The role of Katheri Farmers Co. Ltd was limited only to facilitation of the acquisition of Kisima farm. The ultimate agreement whether to exchange the land and the shares remained firmly with the parties herein. Katheri Farmers Co. Ltd cannot be held responsible for the failure to acquire Kisima farm as the same was due to the change of mind of the owner(s) of Kisima farm.
Finally, there is no dispute that the suit land is agricultural land situated within a land control area. By dint of section 6(1) (a) of the Land Control Act the parties ought to have obtained a consent from the land control board of the area. Section 6(1) (a) of the Land Control Act provides:-
“6. (1) Each of the following transactions –
(a)The sale, transfer, lease, mortgage, exchange, partition or other disposal of or dealing with any agricultural land which is situated within a land control area:
(b)………………………………………………………………..
(c)The issue, sale, transfer, mortgage or any other disposal of or dealing with any shares in private company or co-operative society which for the time being owns agricultural land situated within a land control area,
Is void for all purposes unless the land control board for the land control area or division in which the land is satiated has given its consent in respect of that transaction in accordance with this Act”(emphasis supplied).
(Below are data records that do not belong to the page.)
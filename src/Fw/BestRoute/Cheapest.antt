-- ===== src/Fw/BestRoute/Cheapest.antt =====
-- Best-route's choice among the next hops of a FIB entry, which are in the order of their costs.
use mathlib.Core.List.{Memᴰ}
use nfd_out_of_the_box.Packet.{FaceRef, Face, Interest}
use nfd_out_of_the_box.Pit.{Entry}
use nfd_out_of_the_box.Fw.Algorithm.{
  ScopePrefix, NextHop, is_next_hop_eligible, has_pending_out_records,
}
use nfd_out_of_the_box.Fw.Retx.{RetxSuppressionExponential, decide_per_pit_entry}
use nfd_out_of_the_box.Fw.BestRoute.{
  dispatch, send_interest, find_if, send_new, after_receive_interest,
}
use nfd_out_of_the_box.Fib.Sorting.{Costs, IsSorted}
use nfd_out_of_the_box.Prelude.{
  ℕ, ◌≤◌, ◌≡◌, refl, inl, inr, Bool, true, false, some, List, [], ◌∷◌, arith, Bool-cases,
}

Costs-Memᴰ : (P : ℕ → Type 0) (h : NextHop) (hs : List NextHop) → Costs P hs → Memᴰ h hs → P h.cost
Costs-Memᴰ P h [] all m = elim m [ ]
Costs-Memᴰ P h (g ∷ gs) all (Memᴰ.head e) = rw e all.0
Costs-Memᴰ P h (g ∷ gs) all (Memᴰ.tail m) = Costs-Memᴰ P h gs all.1 m

find_if-cheapest :
    (p : NextHop → Bool) (h : NextHop) (hs : List NextHop)
    → IsSorted hs
    → Memᴰ h hs
    → p h ≡ true
    → (g : NextHop) × (find_if p hs ≡ some g) × (p g ≡ true) × (g.cost ≤ h.cost)
unfolding find_if
find_if-cheapest p h [] s m ok = elim m [ ]
find_if-cheapest p h (g ∷ gs) s (Memᴰ.head e) ok =
    (g, rw (← e, ok) refl, rw (← e) ok, rw e (omega arith))
find_if-cheapest p h (g ∷ gs) s (Memᴰ.tail m) ok = elim (Bool-cases (p g)) [
  | inl hit ↦ (g, rw hit refl, hit, Costs-Memᴰ (λ c. g.cost ≤ c) h gs s.0 m)
  | inr miss ↦ rw miss (find_if-cheapest p h gs s.1 m ok)
]

module _ {N : Type 0} (s : ScopePrefix N) (faces : FaceRef → Face) (ingress : FaceRef)
    (i : Interest N) where
  -- Where no out-record is pending and the next hops are in the order of their costs, an eligible
  -- next hop `h` means that the Interest is sent: once, to an eligible next hop that costs no more
  -- than `h`, with the PIT entry left as it was.
  pub after_receive_interest-cheapest :
      (x : RetxSuppressionExponential) (now : ℕ) (e : Entry N) (hs : List NextHop) (h : NextHop)
      → has_pending_out_records now e ≡ false
      → IsSorted hs
      → Memᴰ h hs
      → is_next_hop_eligible s faces ingress i e false 0 h ≡ true
      → (g : NextHop) × (after_receive_interest s faces x now ingress i hs e
          ≡ some (e, send_interest g.face ∷ []))
        × (is_next_hop_eligible s faces ingress i e false 0 g ≡ true)
        × (g.cost ≤ h.cost)
  unfolding after_receive_interest decide_per_pit_entry dispatch send_new
  after_receive_interest-cheapest x now e hs h idle sorted m ok =
      let (g, found, eligible, cheap) =
        find_if-cheapest (is_next_hop_eligible s faces ingress i e false 0) h hs sorted m ok in
      (
        g,
        rw (after_receive_interest, decide_per_pit_entry, idle, dispatch, send_new, found) refl,
        eligible,
        cheap,
      )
There is no doubt that the requisite consent was not obtained from the relevant board.
For that reason alone the transaction was void. In such a case section 7 of the Land Control Act provides that if any money or valuable consideration has been paid, the same is recoverable as a debt by the person from whom it was passed to the recipient subject to section 22 of that Act. Section 22 makes it a criminal offence for any person who receives the money or enters into or remains in possession of land the subject of a void contract. Recovery of the consideration provided for under section 7 of the Land Control Act must be done within the period limited by the statute.
For all the reasons stated in this judgment I find that the trial court fell into grave error of law and fact by awarding three (3) acres from PLOT NO. 1160 KATHERI to the respondent. The appeal is allowed and the judgment of the trial court set aside.
I award costs of this appeal and in the lower court the appellant.
Dated and delivered at Meru this 29th . day of April 2008.